** Supplied material follows **

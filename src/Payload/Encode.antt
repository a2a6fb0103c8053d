-- ===== src/Payload/Encode.antt =====
-- The payloads of protocol/include/gravity_protocol.h: the commands of the compute encoder and of
-- the blit encoder. The structs are packed, a float is its 32 bits, and a reserved field is not
-- read.
use gravity_gpu_project.Prelude.{ℕ, ◌+◌, List, load32}
use gravity_gpu_project.Payload.Load.{load64}
use gravity_gpu_project.Protocol.Header.{CmdHeader, load_header}

-- `gravity_origin_t`
pub record Origin : Type 0 where
  pub x : ℕ
  pub y : ℕ
  pub z : ℕ

unfoldable pub load_origin : List ℕ → ℕ → Origin
load_origin buf i = record { x = load32 buf i; y = load32 buf (i + 4); z = load32 buf (i + 8) }

-- `gravity_size_t`
pub record Size : Type 0 where
  pub width : ℕ
  pub height : ℕ
  pub depth : ℕ

unfoldable pub load_size : List ℕ → ℕ → Size
load_size buf i = record {
  width = load32 buf i;
  height = load32 buf (i + 4);
  depth = load32 buf (i + 8);
}

-- `gravity_cmd_compute_begin_t`
pub record CmdComputeBegin : Type 0 where
  pub hdr : CmdHeader
  pub cmdbuf : ℕ

unfoldable pub load_compute_begin : List ℕ → CmdComputeBegin
load_compute_begin buf = record { hdr = load_header buf; cmdbuf = load32 buf 16 }

abbrev pub sizeof_compute_begin : ℕ
sizeof_compute_begin = 20

-- `gravity_cmd_compute_end_t`
pub record CmdComputeEnd : Type 0 where
  pub hdr : CmdHeader
  pub cmdbuf : ℕ

unfoldable pub load_compute_end : List ℕ → CmdComputeEnd
load_compute_end buf = record { hdr = load_header buf; cmdbuf = load32 buf 16 }

abbrev pub sizeof_compute_end : ℕ
sizeof_compute_end = 20

-- `gravity_cmd_compute_set_pipeline_t`
pub record CmdComputeSetPipeline : Type 0 where
  pub hdr : CmdHeader
  pub cmdbuf : ℕ
  pub pipeline : ℕ

unfoldable pub load_compute_set_pipeline : List ℕ → CmdComputeSetPipeline
load_compute_set_pipeline buf = record {
  hdr = load_header buf;
  cmdbuf = load32 buf 16;
  pipeline = load32 buf 20;
}

abbrev pub sizeof_compute_set_pipeline : ℕ
sizeof_compute_set_pipeline = 24

-- `gravity_cmd_compute_set_buffer_t`
pub record CmdComputeSetBuffer : Type 0 where
  pub hdr : CmdHeader
  pub cmdbuf : ℕ
  pub buffer : ℕ
  pub offset : ℕ
  pub index : ℕ

unfoldable pub load_compute_set_buffer : List ℕ → CmdComputeSetBuffer
load_compute_set_buffer buf = record {
  hdr = load_header buf;
  cmdbuf = load32 buf 16;
  buffer = load32 buf 20;
  offset = load32 buf 24;
  index = load32 buf 28;
}

abbrev pub sizeof_compute_set_buffer : ℕ
sizeof_compute_set_buffer = 32

-- `gravity_cmd_compute_dispatch_t`
pub record CmdComputeDispatch : Type 0 where
  pub hdr : CmdHeader
  pub cmdbuf : ℕ
  pub threadgroups_x : ℕ
  pub threadgroups_y : ℕ
  pub threadgroups_z : ℕ
  pub threads_per_group_x : ℕ
  pub threads_per_group_y : ℕ
  pub threads_per_group_z : ℕ

unfoldable pub load_compute_dispatch : List ℕ → CmdComputeDispatch
load_compute_dispatch buf = record {
  hdr = load_header buf;
  cmdbuf = load32 buf 16;
  threadgroups_x = load32 buf 20;
  threadgroups_y = load32 buf 24;
  threadgroups_z = load32 buf 28;
  threads_per_group_x = load32 buf 32;
  threads_per_group_y = load32 buf 36;
  threads_per_group_z = load32 buf 40;
}

abbrev pub sizeof_compute_dispatch : ℕ
sizeof_compute_dispatch = 44

-- `gravity_cmd_blit_copy_buffer_t`
pub record CmdBlitCopyBuffer : Type 0 where
  pub hdr : CmdHeader
  pub cmdbuf : ℕ
  pub src_buffer : ℕ
  pub src_offset : ℕ
  pub dst_buffer : ℕ
  pub dst_offset : ℕ
  pub size : ℕ

unfoldable pub load_blit_copy_buffer : List ℕ → CmdBlitCopyBuffer
load_blit_copy_buffer buf = record {
  hdr = load_header buf;
  cmdbuf = load32 buf 16;
  src_buffer = load32 buf 20;
  src_offset = load64 buf 24;
  dst_buffer = load32 buf 32;
  dst_offset = load64 buf 36;
  size = load64 buf 44;
}

abbrev pub sizeof_blit_copy_buffer : ℕ
sizeof_blit_copy_buffer = 52

-- `gravity_cmd_blit_copy_texture_t`
pub record CmdBlitCopyTexture : Type 0 where
  pub hdr : CmdHeader
  pub cmdbuf : ℕ
  pub src_texture : ℕ
  pub src_slice : ℕ
  pub src_level : ℕ
  pub src_origin : Origin
  pub src_size : Size
  pub dst_texture : ℕ
  pub dst_slice : ℕ
  pub dst_level : ℕ
  pub dst_origin : Origin

unfoldable pub load_blit_copy_texture : List ℕ → CmdBlitCopyTexture
load_blit_copy_texture buf = record {
  hdr = load_header buf;
  cmdbuf = load32 buf 16;
  src_texture = load32 buf 20;
  src_slice = load32 buf 24;
  src_level = load32 buf 28;
  src_origin = load_origin buf 32;
  src_size = load_size buf 44;
  dst_texture = load32 buf 56;
  dst_slice = load32 buf 60;
  dst_level = load32 buf 64;
  dst_origin = load_origin buf 68;
}

abbrev pub sizeof_blit_copy_texture : ℕ
sizeof_blit_copy_texture = 80

-- `gravity_cmd_blit_copy_buf_to_tex_t`
pub record CmdBlitCopyBufToTex : Type 0 where
  pub hdr : CmdHeader
  pub cmdbuf : ℕ
  pub src_buffer : ℕ
  pub src_offset : ℕ
  pub src_bytes_per_row : ℕ
  pub src_bytes_per_image : ℕ
  pub src_size : Size
  pub dst_texture : ℕ
  pub dst_slice : ℕ
  pub dst_level : ℕ
  pub dst_origin : Origin

unfoldable pub load_blit_copy_buf_to_tex : List ℕ → CmdBlitCopyBufToTex
load_blit_copy_buf_to_tex buf = record {
  hdr = load_header buf;
  cmdbuf = load32 buf 16;
  src_buffer = load32 buf 20;
  src_offset = load64 buf 24;
  src_bytes_per_row = load32 buf 32;
  src_bytes_per_image = load32 buf 36;
  src_size = load_size buf 40;
  dst_texture = load32 buf 52;
  dst_slice = load32 buf 56;
  dst_level = load32 buf 60;
  dst_origin = load_origin buf 64;
}

abbrev pub sizeof_blit_copy_buf_to_tex : ℕ
sizeof_blit_copy_buf_to_tex = 76

-- `gravity_cmd_blit_generate_mipmaps_t`
pub record CmdBlitGenerateMipmaps : Type 0 where
  pub hdr : CmdHeader
  pub cmdbuf : ℕ
  pub texture : ℕ

unfoldable pub load_blit_generate_mipmaps : List ℕ → CmdBlitGenerateMipmaps
load_blit_generate_mipmaps buf = record {
  hdr = load_header buf;
  cmdbuf = load32 buf 16;
  texture = load32 buf 20;
}

abbrev pub sizeof_blit_generate_mipmaps : ℕ
sizeof_blit_generate_mipmaps = 24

** End of Supplied material **

> [Your objective] Gather every line from the listing above in which the word "CmdComputeSetPipeline" appears.

> [Solution below]
pub record CmdComputeSetPipeline : Type 0 where
unfoldable pub load_compute_set_pipeline : List ℕ → CmdComputeSetPipeline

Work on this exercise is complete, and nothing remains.